* Problem to solve
Every line with "lively" in it must be copied from the data.

* Data provided
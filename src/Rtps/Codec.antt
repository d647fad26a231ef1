-- ===== src/Rtps/Codec.antt =====
-- ReliabilityMessageBuilder of src/rtps/reliability_messages.cpp. Its calls return the answer and the
-- new builder. A std::int32_t is its bit pattern.
pub mod Parsing
pub mod Prefix
pub mod Written
pub mod Starts
pub mod HeartbeatTrip
pub mod Refused
pub mod BitmapTrip
pub mod AcknackBytes
pub mod AcknackTrip
mod Tests
use open_rtdds.Prelude.{
  ℕ, zero, suc, ◌+◌, ◌-◌, ◌*◌, ◌/◌, ◌%◌, ◌^◌, Bool, true, false, ◌&&◌, ◌||◌, not, Option, ltb, leb,
  ◌==◌, ◌!=◌, if◌then◌else◌, bit_and, bit_or, BytePointer, int64_max, add32,
}
use open_rtdds.Core.History.{is_null}
use open_rtdds.Rtps.Types.{ByteOrder, big_endian, little_endian}
use open_rtdds.Rtps.SequenceSet.{
  SequenceNumberSet, empty_set, reset, set_bit, word_count, word, valid_sequence_number,
  maximum_bits,
}
use open_rtdds.Rtps.Messages.{ReliabilityMessageHeader, Heartbeat, AckNack}
use open_rtdds.Serialization.Cdr.{byte_at, put_byte, copy_to}
use open_rtdds.Rtps.Wire.{
  supported_byte_order, supported_version, write_uint16, write_uint32, write_sequence_number,
  read_uint32, or_byte, entity_bytes, entity_at, write_rtps_header,
}
use open_rtdds.Rtps.Router.{
  MessageRouteError, RoutedSubmessageView, find_submessage, submessage_id_acknack,
  submessage_id_heartbeat,
}

pub data ReliabilityMessageError : Type 0 where
  none invalid_argument buffer_overflow truncated : ReliabilityMessageError
  invalid_protocol unsupported_version unsupported_submessage : ReliabilityMessageError
  unsupported_feature invalid_submessage invalid_sequence_number : ReliabilityMessageError
  bitmap_bound_exceeded : ReliabilityMessageError

abbrev pub is_good : ReliabilityMessageError → Bool
is_good ReliabilityMessageError.none = true
is_good _ = false

pub record ReliabilityMessageBuilder : Type 0 where
  pub buffer : BytePointer
  pub capacity : ℕ
  pub size : ℕ
  pub error : ReliabilityMessageError

unfoldable pub init : BytePointer → ℕ → ReliabilityMessageBuilder
init buffer capacity = record {
  buffer = buffer;
  capacity = capacity;
  size = 0;
  error =
      if is_null buffer && capacity != 0
      then ReliabilityMessageError.invalid_argument
      else ReliabilityMessageError.none;
}

abbrev pub fail :
    ReliabilityMessageBuilder → ReliabilityMessageError → Bool × ReliabilityMessageBuilder
fail b error = (false, record b { error = if is_good b.error then error else b.error; size = 0 })

unfoldable pub begin :
    ReliabilityMessageBuilder → ReliabilityMessageHeader → ℕ → Bool × ReliabilityMessageBuilder
begin b header message_size =
    if is_null b.buffer && b.capacity != 0
    then fail b ReliabilityMessageError.invalid_argument
    else if not (supported_version header.version)
    then fail b ReliabilityMessageError.unsupported_version
    else if not (supported_byte_order header.submessage_byte_order)
    then fail b ReliabilityMessageError.invalid_argument
    else if ltb b.capacity message_size
    then fail b ReliabilityMessageError.buffer_overflow
    else (
      true,
      record b {
        buffer = write_rtps_header b.buffer header.version header.vendor_id header.guid_prefix;
      },
    )

abbrev pub cleared : ReliabilityMessageBuilder → ReliabilityMessageBuilder
cleared b = record b { size = 0; error = ReliabilityMessageError.none }

abbrev pub is_little : ByteOrder → Bool
is_little little_endian = true
is_little big_endian = false

-- The submessage's identifier, its flags one after another, and its size.
unfoldable pub write_submessage_header : BytePointer → ℕ → Bool → Bool → ℕ → ByteOrder → BytePointer
write_submessage_header b id final liveliness content_size order =
    let started = put_byte (put_byte b 20 id) 21 0 in
    let ordered = if is_little order then or_byte started 21 0x01 else started in
    let finals = if final then or_byte ordered 21 0x02 else ordered in
    let lively = if liveliness then or_byte finals 21 0x04 else finals in
    write_uint16 lively 22 (content_size % 2 ^ 16) order

unfoldable pub write_heartbeat : BytePointer → Heartbeat → ByteOrder → BytePointer
write_heartbeat b config order =
    let headed =
      write_submessage_header b submessage_id_heartbeat config.final_flag config.liveliness_flag 28
        order in
    let addressed =
      copy_to (copy_to headed 24 (entity_bytes config.reader_id)) 28
        (entity_bytes config.writer_id) in
    let first = write_sequence_number addressed 32 config.first_sequence_number order in
    let last = write_sequence_number first 40 config.last_sequence_number order in
    write_uint32 last 48 config.count order

abbrev pub finish_heartbeat :
    Heartbeat → Bool × ReliabilityMessageBuilder → Bool × ReliabilityMessageBuilder
finish_heartbeat config (false, b) = (false, b)
finish_heartbeat config (true, b) = (
  true,
  record b {
    buffer = write_heartbeat b.buffer config config.header.submessage_byte_order;
    size = 52;
  },
)

abbrev pub valid_range : ℕ → ℕ → Bool
valid_range first last = valid_sequence_number first && leb last int64_max && leb (first - 1) last

unfoldable pub build_heartbeat :
    ReliabilityMessageBuilder → Heartbeat → Bool × ReliabilityMessageBuilder
build_heartbeat b config =
    if not (valid_range config.first_sequence_number config.last_sequence_number)
    then fail (cleared b) ReliabilityMessageError.invalid_sequence_number
    else finish_heartbeat config (begin (cleared b) config.header 52)

-- The loop over the words that are left; the index is the loop variable, and `44 + 4 * index` the
-- source's `offset`.
unfoldable pub write_words : ℕ → ℕ → SequenceNumberSet → ByteOrder → BytePointer → BytePointer
write_words zero index s order b = b
write_words (suc rounds) index s order b =
    write_words rounds (suc index) s order (write_uint32 b (44 + 4 * index) (word s index) order)

unfoldable pub write_acknack : BytePointer → AckNack → ByteOrder → BytePointer
write_acknack b config order =
    let words = word_count config.reader_state in
    let headed =
      write_submessage_header b submessage_id_acknack config.final_flag false (24 + words * 4)
        order in
    let addressed =
      copy_to (copy_to headed 24 (entity_bytes config.reader_id)) 28
        (entity_bytes config.writer_id) in
    let based = write_sequence_number addressed 32 config.reader_state.bitmap_base order in
    let counted = write_uint32 based 40 config.reader_state.num_bits order in
    write_uint32 (write_words words 0 config.reader_state order counted) (44 + 4 * words)
      config.count order

abbrev pub finish_acknack :
    AckNack → ℕ → Bool × ReliabilityMessageBuilder → Bool × ReliabilityMessageBuilder
finish_acknack config message_size (false, b) = (false, b)
finish_acknack config message_size (true, b) = (
  true,
  record b {
    buffer = write_acknack b.buffer config config.header.submessage_byte_order;
    size = message_size;
  },
)

unfoldable pub build_acknack :
    ReliabilityMessageBuilder → AckNack → Bool × ReliabilityMessageBuilder
build_acknack b config =
    if not (valid_sequence_number config.reader_state.bitmap_base)
    then fail (cleared b) ReliabilityMessageError.invalid_sequence_number
    else if ltb maximum_bits config.reader_state.num_bits
    then fail (cleared b) ReliabilityMessageError.bitmap_bound_exceeded
    else let message_size = 20 + 4 + (24 + word_count config.reader_state * 4) in
      finish_acknack config message_size (begin (cleared b) config.header message_size)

* Output for this task
    let lively = if liveliness then or_byte finals 21 0x04 else finals in
    write_uint16 lively 22 (content_size % 2 ^ 16) order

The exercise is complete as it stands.